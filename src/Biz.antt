-- ===== src/Biz.antt =====
-- The state of biz modules as container statuses: `ConvertBizStatusToContainerStatus`,
-- `GetBizUniqueKey` and `FillPodKey` of common/utils/utils.go.
pub mod Conversion
pub mod Filling
pub mod Tests
use virtual_kubelet.Common.{
  ◌≡◌, Bool, true, false, ◌&&◌, ◌||◌, not, Option, none, some, is_some, List, [], ◌∷◌, ◌++◌, ℤ,
  Text, text, text_dec, decided, equal_fold, contains, Map, lookup, insert, Error, message,
  if◌then◌else◌,
}
use virtual_kubelet.Keys.{get_biz_identity, get_pod_key}
use virtual_kubelet.Kube.{
  EnvVar, Container, Waiting, Terminated, ContainerState, ContainerStatus, Pod, BizStatusData,
}

abbrev pub same_text : Text → Text → Bool
same_text s t = decided (text_dec s t)

abbrev pub no_state : ContainerState
no_state = record { waiting = none; running = none; terminated = none }

abbrev pub is_in : Text → BizStatusData → Bool
is_in state d = equal_fold d.state state

abbrev pub waiting_state : BizStatusData → ContainerState
waiting_state d = record no_state {
  waiting = some (record { reason = d.reason; message = d.message });
}

abbrev pub running_state : BizStatusData → ContainerState
running_state d = record no_state { running = some d.change_time }

abbrev pub terminated_state : BizStatusData → ContainerState
terminated_state d = record no_state {
  terminated = some (record {
    exit_code = 1;
    reason = d.reason;
    message = d.message;
    started_at = d.change_time;
    finished_at = d.change_time;
  });
}

unfoldable pub container_state : BizStatusData → ContainerState
container_state d =
    if is_in (text "UNRESOLVED") d
    then no_state
    else if is_in (text "RESOLVED") d || is_in (text "BROKEN") d || is_in (text "DEACTIVATED") d
    then waiting_state d
    else if is_in (text "ACTIVATED") d
    then running_state d
    else if is_in (text "STOPPED") d
    then terminated_state d
    else no_state

abbrev pub status_of : Container → ContainerState → Bool → ContainerStatus
status_of c state ready = record {
  name = c.name;
  container_id = c.name;
  state = state;
  ready = ready;
  started = some ready;
  image = c.image;
  image_id = c.image;
}

unfoldable pub status_from_data : Container → BizStatusData → ContainerStatus
unfolding container_state
status_from_data c d = status_of c (container_state d) (is_in (text "ACTIVATED") d)

pub data StatusResult : Type 0 where
  ok : ContainerStatus → StatusResult
  err : Error → StatusResult

unfoldable pub reuse : Container → ContainerStatus → StatusResult
reuse c old =
    if same_text old.name c.name
    then ok old
    else err (message (text "convert biz status to container status but container name mismatch"))

unfoldable pub convert_biz_status_to_container_status :
    Container → Option ContainerStatus → Option BizStatusData → StatusResult
unfolding status_from_data reuse
convert_biz_status_to_container_status c none none = ok (status_of c no_state false)
convert_biz_status_to_container_status c none (some d) =
    if same_text c.name d.name then ok (status_from_data c d) else ok (status_of c no_state false)
convert_biz_status_to_container_status c (some old) none = reuse c old
convert_biz_status_to_container_status c (some old) (some d) =
    if same_text c.name d.name then ok (status_from_data c d) else reuse c old

-- The first `BIZ_VERSION` of the environment.
unfoldable pub version_in : List EnvVar → Text
version_in [] = []
version_in (e ∷ env) = if same_text e.name (text "BIZ_VERSION") then e.value else version_in env

unfoldable pub get_biz_unique_key : Container → Text
unfolding version_in get_biz_identity
get_biz_unique_key c = get_biz_identity c.name (version_in c.env)

abbrev pub is_biz : Container → Bool
is_biz c = contains c.image (text ".jar")

unfoldable pub add_containers : Text → List Container → Map Text → Map Text
add_containers pod_key [] m = m
add_containers pod_key (c ∷ cs) m =
    add_containers pod_key cs (if is_biz c then insert (get_biz_unique_key c) pod_key m else m)

-- `bizKeyToPodKey`.
unfoldable pub biz_key_to_pod_key : List Pod → Map Text → Map Text
unfolding add_containers
biz_key_to_pod_key [] m = m
biz_key_to_pod_key (p ∷ ps) m =
    biz_key_to_pod_key ps (add_containers (get_pod_key p.namespace p.name) p.containers m)

unfoldable pub fill_one : Map Text → BizStatusData → BizStatusData
fill_one m d = elim (lookup d.key m) [
  | none ↦ d
  | some pod_key ↦ if same_text d.pod_key [] then record d { pod_key = pod_key } else d
]

abbrev pub has_pod_key : BizStatusData → Bool
has_pod_key d = not (same_text d.pod_key [])

unfoldable pub partition : Map Text → List BizStatusData → List BizStatusData × List BizStatusData
unfolding fill_one
partition m [] = ([], [])
partition m (d ∷ ds) =
    let rest = partition m ds in
    let d' = fill_one m d in if has_pod_key d' then (d' ∷ rest.0, rest.1) else (rest.0, d' ∷ rest.1)

-- What to update in Kubernetes, and what to uninstall from the base.
unfoldable pub fill_pod_key :
    List Pod → List BizStatusData → List BizStatusData × List BizStatusData
unfolding partition biz_key_to_pod_key
fill_pod_key pods ds = partition (biz_key_to_pod_key pods []) ds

### Task instructions
Copy the lines above exactly. Start with the line containing "-- The state", end with the line containing "is_in state d = equal_fold d.state state", and include both.

### Task result
-- The state of biz modules as container statuses: `ConvertBizStatusToContainerStatus`,
-- `GetBizUniqueKey` and `FillPodKey` of common/utils/utils.go.
pub mod Conversion
pub mod Filling
pub mod Tests
use virtual_kubelet.Common.{
  ◌≡◌, Bool, true, false, ◌&&◌, ◌||◌, not, Option, none, some, is_some, List, [], ◌∷◌, ◌++◌, ℤ,
  Text, text, text_dec, decided, equal_fold, contains, Map, lookup, insert, Error, message,
  if◌then◌else◌,
}
use virtual_kubelet.Keys.{get_biz_identity, get_pod_key}
use virtual_kubelet.Kube.{
  EnvVar, Container, Waiting, Terminated, ContainerState, ContainerStatus, Pod, BizStatusData,
}

abbrev pub same_text : Text → Text → Bool
same_text s t = decided (text_dec s t)

abbrev pub no_state : ContainerState
no_state = record { waiting = none; running = none; terminated = none }

abbrev pub is_in : Text → BizStatusData → Bool
is_in state d = equal_fold d.state state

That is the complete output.